> _How to complete this task_:
Go to the line containing "pub record LatencyStats : Type 0 where" in the records below and print it and every following line exactly, on through the line containing "unfoldable pub observe_latency", then stop.
%%
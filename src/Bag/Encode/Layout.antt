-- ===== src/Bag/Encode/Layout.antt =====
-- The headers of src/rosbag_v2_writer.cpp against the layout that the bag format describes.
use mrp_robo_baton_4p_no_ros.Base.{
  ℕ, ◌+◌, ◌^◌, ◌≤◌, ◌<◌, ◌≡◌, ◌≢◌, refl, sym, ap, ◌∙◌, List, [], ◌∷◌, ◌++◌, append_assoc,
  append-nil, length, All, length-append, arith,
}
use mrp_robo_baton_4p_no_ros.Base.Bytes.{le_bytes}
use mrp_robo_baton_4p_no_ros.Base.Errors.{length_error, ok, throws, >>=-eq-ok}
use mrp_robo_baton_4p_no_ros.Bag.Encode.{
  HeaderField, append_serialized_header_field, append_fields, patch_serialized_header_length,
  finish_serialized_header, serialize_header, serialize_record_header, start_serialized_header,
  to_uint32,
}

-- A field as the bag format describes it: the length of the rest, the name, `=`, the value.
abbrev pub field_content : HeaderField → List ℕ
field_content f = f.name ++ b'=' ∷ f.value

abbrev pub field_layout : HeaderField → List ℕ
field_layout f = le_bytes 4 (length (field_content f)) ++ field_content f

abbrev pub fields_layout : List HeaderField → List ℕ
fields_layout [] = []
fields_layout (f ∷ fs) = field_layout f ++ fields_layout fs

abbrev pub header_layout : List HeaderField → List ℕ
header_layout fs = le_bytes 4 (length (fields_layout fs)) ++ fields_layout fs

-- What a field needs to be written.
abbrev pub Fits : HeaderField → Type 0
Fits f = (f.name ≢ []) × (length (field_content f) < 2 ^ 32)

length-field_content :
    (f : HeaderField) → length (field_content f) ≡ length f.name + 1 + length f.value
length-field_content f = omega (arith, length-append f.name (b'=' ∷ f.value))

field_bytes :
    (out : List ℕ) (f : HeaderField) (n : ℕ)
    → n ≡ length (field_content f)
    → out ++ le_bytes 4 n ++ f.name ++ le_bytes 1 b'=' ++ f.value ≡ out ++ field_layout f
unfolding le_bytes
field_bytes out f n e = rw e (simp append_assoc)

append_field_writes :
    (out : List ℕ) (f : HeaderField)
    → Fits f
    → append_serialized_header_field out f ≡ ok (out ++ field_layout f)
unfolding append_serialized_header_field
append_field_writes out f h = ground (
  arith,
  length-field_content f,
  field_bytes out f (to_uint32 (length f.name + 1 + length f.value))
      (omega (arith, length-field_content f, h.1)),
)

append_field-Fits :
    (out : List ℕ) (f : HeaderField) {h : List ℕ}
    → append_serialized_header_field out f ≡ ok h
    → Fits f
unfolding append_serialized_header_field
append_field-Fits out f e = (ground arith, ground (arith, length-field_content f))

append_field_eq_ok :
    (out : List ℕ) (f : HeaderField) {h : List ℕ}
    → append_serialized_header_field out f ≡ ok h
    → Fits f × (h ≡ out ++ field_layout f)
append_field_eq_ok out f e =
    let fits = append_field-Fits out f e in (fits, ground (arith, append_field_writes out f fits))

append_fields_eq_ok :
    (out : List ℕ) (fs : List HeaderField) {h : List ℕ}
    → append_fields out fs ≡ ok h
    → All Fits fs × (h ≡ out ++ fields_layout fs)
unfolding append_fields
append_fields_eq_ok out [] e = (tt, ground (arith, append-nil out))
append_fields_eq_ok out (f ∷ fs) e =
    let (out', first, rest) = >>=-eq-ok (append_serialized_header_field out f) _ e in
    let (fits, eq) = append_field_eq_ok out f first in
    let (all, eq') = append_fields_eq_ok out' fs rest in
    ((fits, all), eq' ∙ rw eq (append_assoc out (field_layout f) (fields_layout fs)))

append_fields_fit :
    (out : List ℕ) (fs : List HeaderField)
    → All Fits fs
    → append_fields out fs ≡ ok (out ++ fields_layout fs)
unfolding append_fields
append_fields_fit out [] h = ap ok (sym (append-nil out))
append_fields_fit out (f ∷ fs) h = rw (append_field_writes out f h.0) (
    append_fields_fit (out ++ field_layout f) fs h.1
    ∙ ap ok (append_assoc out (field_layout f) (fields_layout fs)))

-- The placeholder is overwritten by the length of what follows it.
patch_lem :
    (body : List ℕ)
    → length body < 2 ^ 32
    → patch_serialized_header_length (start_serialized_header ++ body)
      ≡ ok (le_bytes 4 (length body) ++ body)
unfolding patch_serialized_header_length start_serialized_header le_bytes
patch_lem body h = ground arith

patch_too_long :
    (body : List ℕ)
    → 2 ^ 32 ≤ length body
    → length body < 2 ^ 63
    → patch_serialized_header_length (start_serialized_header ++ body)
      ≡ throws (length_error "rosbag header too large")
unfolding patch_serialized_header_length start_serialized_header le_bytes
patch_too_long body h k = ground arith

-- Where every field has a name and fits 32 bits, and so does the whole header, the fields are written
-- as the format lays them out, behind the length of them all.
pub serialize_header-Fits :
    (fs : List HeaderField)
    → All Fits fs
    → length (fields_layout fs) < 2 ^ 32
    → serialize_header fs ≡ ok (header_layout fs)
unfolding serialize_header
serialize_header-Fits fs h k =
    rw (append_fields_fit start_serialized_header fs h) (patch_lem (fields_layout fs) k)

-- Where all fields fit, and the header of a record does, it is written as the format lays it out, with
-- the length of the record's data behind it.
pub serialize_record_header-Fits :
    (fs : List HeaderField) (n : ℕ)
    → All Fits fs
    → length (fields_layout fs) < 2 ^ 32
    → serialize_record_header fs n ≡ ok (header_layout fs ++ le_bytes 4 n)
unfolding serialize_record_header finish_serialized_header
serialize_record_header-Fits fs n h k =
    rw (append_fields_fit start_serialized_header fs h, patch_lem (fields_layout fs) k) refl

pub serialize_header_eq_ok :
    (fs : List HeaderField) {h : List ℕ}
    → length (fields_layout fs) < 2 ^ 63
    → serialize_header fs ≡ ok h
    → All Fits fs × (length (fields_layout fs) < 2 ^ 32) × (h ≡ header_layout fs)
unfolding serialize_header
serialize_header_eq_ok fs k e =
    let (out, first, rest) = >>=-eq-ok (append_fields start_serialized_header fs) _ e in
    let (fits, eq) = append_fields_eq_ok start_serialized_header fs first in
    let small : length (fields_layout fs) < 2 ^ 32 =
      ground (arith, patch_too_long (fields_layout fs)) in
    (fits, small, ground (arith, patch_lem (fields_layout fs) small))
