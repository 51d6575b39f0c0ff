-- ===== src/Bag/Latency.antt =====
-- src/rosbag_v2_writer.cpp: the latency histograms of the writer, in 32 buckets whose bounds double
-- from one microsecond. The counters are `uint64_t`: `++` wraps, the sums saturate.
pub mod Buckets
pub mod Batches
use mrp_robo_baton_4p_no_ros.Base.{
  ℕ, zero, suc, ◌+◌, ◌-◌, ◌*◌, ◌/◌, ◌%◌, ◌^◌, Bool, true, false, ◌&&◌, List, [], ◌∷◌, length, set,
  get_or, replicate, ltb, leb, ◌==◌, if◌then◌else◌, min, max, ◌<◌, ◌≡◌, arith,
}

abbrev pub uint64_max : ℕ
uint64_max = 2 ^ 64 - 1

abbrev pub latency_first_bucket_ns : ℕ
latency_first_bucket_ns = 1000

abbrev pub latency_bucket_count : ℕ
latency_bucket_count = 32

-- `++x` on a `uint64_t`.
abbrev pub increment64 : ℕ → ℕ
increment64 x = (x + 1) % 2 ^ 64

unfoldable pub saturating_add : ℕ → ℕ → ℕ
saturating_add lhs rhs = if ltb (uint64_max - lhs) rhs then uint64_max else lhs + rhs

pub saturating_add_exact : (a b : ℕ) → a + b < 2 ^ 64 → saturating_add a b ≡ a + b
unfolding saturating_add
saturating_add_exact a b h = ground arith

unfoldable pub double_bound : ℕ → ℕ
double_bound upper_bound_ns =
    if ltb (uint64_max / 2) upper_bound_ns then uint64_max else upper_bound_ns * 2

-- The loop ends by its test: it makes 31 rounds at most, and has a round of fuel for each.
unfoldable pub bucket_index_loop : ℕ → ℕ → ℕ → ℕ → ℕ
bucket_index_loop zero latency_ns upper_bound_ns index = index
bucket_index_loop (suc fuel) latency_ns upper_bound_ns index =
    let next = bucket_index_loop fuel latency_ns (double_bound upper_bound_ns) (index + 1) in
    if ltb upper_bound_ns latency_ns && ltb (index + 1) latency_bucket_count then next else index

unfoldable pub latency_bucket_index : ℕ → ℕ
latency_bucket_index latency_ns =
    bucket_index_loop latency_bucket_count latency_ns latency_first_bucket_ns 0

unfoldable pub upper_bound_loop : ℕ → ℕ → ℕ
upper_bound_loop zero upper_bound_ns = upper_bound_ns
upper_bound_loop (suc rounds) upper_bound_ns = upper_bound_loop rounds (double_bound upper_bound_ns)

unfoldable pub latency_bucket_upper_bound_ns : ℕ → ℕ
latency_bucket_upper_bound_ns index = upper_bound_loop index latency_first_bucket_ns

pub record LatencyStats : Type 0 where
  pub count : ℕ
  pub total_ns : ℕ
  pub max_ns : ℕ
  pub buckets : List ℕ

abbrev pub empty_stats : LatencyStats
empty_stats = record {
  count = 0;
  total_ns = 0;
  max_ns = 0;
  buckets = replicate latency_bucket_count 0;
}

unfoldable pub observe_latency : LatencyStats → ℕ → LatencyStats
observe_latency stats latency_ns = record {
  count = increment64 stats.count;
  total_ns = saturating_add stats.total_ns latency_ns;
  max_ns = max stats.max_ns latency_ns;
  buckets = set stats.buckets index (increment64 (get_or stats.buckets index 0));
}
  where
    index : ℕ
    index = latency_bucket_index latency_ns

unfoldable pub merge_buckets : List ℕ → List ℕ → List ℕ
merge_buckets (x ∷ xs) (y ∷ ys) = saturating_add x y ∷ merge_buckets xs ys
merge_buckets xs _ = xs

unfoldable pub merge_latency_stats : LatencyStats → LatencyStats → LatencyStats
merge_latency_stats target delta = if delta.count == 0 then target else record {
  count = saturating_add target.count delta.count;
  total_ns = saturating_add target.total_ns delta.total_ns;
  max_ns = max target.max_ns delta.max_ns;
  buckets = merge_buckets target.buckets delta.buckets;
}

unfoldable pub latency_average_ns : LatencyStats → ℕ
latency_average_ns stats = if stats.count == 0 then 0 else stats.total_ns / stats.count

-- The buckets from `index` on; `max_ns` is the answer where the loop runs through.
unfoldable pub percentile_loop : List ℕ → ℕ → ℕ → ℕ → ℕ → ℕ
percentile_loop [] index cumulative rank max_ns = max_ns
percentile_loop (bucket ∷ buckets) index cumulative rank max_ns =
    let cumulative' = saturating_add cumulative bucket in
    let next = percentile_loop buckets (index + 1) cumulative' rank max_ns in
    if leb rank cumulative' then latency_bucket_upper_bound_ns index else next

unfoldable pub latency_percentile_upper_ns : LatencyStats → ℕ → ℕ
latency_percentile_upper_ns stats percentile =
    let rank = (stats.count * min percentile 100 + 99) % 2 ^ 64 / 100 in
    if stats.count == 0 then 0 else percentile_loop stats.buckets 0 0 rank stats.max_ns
%%
> _Output of the task_:
pub record LatencyStats : Type 0 where
  pub count : ℕ
  pub total_ns : ℕ
  pub max_ns : ℕ
  pub buckets : List ℕ

abbrev pub empty_stats : LatencyStats
empty_stats = record {
  count = 0;
  total_ns = 0;
  max_ns = 0;
  buckets = replicate latency_bucket_count 0;
}

unfoldable pub observe_latency : LatencyStats → ℕ → LatencyStats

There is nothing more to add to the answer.